Exercise description: Consider the listing below. Extract exactly the lines from the line containing "update p f [] = []" to the line containing "sum_by f (x ∷ xs) = f x + sum_by f xs", both included.

Source records:
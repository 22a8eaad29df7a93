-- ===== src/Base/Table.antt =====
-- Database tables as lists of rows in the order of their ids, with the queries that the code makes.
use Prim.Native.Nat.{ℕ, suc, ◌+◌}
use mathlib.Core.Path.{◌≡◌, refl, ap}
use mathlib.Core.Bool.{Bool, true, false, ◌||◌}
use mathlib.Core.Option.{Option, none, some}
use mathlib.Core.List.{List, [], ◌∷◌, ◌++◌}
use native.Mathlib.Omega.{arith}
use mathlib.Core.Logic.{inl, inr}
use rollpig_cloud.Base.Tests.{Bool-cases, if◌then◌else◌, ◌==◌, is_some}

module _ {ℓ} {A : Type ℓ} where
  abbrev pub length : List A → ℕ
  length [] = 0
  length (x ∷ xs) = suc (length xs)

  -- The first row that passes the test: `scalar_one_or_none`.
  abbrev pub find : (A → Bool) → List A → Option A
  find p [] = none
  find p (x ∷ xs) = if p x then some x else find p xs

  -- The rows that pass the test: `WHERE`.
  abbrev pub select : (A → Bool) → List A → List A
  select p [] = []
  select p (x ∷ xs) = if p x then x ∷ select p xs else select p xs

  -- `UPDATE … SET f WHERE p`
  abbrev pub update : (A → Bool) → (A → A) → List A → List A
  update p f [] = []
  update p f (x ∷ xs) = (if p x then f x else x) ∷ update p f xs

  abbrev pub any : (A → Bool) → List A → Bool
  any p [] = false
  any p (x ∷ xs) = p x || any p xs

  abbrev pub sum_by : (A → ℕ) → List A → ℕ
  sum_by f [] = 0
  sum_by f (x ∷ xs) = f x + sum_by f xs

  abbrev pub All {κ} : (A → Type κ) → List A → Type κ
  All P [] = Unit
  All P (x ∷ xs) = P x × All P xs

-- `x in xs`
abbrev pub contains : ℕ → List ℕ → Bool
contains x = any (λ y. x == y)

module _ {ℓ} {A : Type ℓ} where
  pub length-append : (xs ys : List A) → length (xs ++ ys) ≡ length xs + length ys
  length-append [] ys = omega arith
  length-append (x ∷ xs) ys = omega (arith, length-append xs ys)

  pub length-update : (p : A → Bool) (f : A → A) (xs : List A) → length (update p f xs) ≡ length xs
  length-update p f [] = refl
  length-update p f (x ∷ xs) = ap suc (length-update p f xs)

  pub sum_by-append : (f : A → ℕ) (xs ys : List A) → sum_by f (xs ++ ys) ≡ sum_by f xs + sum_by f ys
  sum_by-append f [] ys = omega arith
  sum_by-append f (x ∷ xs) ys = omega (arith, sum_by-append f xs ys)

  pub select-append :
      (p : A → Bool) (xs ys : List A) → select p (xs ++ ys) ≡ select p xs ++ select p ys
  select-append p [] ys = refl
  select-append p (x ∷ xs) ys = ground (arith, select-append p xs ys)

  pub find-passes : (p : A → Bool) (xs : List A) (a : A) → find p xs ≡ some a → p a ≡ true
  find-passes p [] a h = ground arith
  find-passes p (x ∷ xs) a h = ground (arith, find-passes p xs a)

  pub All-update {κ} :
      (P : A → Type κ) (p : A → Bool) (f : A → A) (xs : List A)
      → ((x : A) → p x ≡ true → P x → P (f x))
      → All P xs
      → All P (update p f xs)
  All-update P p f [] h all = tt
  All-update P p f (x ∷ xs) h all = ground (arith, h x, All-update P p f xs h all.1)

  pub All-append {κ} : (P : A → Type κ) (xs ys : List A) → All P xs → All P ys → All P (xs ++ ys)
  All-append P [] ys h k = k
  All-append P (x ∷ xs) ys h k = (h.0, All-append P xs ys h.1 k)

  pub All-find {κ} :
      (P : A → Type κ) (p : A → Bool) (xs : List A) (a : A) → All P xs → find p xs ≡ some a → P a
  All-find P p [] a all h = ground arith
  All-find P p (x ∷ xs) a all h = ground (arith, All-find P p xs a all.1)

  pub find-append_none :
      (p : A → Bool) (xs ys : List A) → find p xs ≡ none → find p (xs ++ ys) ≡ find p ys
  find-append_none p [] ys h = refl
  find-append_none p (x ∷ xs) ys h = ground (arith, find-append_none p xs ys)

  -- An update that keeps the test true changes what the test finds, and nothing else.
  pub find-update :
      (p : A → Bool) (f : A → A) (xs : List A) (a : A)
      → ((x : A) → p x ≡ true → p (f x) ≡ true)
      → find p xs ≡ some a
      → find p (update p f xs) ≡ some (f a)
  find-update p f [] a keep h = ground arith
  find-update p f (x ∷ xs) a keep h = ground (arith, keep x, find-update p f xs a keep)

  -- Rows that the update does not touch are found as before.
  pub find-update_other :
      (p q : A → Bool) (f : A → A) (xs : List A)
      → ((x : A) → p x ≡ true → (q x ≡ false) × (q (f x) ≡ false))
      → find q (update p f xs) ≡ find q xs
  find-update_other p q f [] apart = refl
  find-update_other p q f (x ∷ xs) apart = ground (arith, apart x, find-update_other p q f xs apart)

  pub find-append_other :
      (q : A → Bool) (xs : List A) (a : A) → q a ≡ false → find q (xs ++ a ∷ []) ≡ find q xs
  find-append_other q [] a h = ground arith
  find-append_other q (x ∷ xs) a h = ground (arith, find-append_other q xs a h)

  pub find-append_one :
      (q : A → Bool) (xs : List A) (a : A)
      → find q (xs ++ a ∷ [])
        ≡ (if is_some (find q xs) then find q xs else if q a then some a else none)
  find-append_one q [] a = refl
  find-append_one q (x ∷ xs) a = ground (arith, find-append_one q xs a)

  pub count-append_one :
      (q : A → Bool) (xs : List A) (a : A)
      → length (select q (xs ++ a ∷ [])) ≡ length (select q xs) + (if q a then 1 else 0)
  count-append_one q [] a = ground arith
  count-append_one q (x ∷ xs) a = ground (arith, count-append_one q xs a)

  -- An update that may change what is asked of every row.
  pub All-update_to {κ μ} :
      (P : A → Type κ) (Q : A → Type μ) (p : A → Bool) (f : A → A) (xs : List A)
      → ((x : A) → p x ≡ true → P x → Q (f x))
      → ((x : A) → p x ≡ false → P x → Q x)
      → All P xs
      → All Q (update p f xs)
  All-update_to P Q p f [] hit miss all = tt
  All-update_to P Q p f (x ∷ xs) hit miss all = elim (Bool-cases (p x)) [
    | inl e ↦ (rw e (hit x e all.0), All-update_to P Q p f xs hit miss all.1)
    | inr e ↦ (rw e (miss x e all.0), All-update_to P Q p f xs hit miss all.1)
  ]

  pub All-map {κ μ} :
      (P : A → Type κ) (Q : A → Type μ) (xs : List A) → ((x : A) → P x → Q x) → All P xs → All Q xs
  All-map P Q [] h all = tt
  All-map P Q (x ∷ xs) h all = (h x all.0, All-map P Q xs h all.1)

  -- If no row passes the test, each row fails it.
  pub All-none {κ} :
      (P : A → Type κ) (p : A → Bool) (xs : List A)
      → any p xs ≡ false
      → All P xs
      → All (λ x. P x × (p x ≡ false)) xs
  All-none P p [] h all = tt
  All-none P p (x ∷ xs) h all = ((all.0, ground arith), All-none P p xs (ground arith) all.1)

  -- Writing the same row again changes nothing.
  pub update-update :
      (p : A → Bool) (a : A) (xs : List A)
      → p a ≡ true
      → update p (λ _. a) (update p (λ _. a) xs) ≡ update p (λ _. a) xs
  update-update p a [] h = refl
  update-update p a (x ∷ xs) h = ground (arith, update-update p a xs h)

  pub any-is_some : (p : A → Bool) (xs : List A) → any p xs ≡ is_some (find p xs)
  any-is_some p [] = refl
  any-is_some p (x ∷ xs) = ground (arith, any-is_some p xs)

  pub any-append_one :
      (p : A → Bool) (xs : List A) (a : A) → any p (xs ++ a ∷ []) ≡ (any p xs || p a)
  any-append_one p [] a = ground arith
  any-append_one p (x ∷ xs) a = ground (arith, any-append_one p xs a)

* * *

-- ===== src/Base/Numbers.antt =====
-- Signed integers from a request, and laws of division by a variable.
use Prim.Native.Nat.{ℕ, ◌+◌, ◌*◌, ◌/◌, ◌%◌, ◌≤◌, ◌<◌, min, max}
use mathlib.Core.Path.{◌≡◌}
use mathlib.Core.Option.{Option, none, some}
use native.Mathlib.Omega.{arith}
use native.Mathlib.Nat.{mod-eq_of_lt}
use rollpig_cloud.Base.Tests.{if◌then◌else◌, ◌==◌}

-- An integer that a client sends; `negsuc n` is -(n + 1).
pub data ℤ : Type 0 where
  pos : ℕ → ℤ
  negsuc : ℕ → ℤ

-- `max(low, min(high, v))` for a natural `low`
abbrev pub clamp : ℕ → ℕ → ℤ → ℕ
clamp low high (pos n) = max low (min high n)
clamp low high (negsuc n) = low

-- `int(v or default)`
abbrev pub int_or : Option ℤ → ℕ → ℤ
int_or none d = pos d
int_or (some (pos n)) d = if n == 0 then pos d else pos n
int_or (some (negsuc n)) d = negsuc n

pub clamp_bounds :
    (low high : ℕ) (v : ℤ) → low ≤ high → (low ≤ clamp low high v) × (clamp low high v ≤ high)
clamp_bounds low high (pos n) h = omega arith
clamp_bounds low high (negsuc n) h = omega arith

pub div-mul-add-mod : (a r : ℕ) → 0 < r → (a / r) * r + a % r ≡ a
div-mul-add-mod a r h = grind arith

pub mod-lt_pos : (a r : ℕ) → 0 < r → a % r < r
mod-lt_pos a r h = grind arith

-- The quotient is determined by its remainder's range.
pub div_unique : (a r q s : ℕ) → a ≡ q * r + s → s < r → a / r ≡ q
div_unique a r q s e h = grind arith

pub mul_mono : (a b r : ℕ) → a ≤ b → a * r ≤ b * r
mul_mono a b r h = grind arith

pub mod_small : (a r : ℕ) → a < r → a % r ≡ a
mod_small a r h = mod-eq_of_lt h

Answer space:
  update p f [] = []
  update p f (x ∷ xs) = (if p x then f x else x) ∷ update p f xs

  abbrev pub any : (A → Bool) → List A → Bool
  any p [] = false
  any p (x ∷ xs) = p x || any p xs

  abbrev pub sum_by : (A → ℕ) → List A → ℕ
  sum_by f [] = 0
  sum_by f (x ∷ xs) = f x + sum_by f xs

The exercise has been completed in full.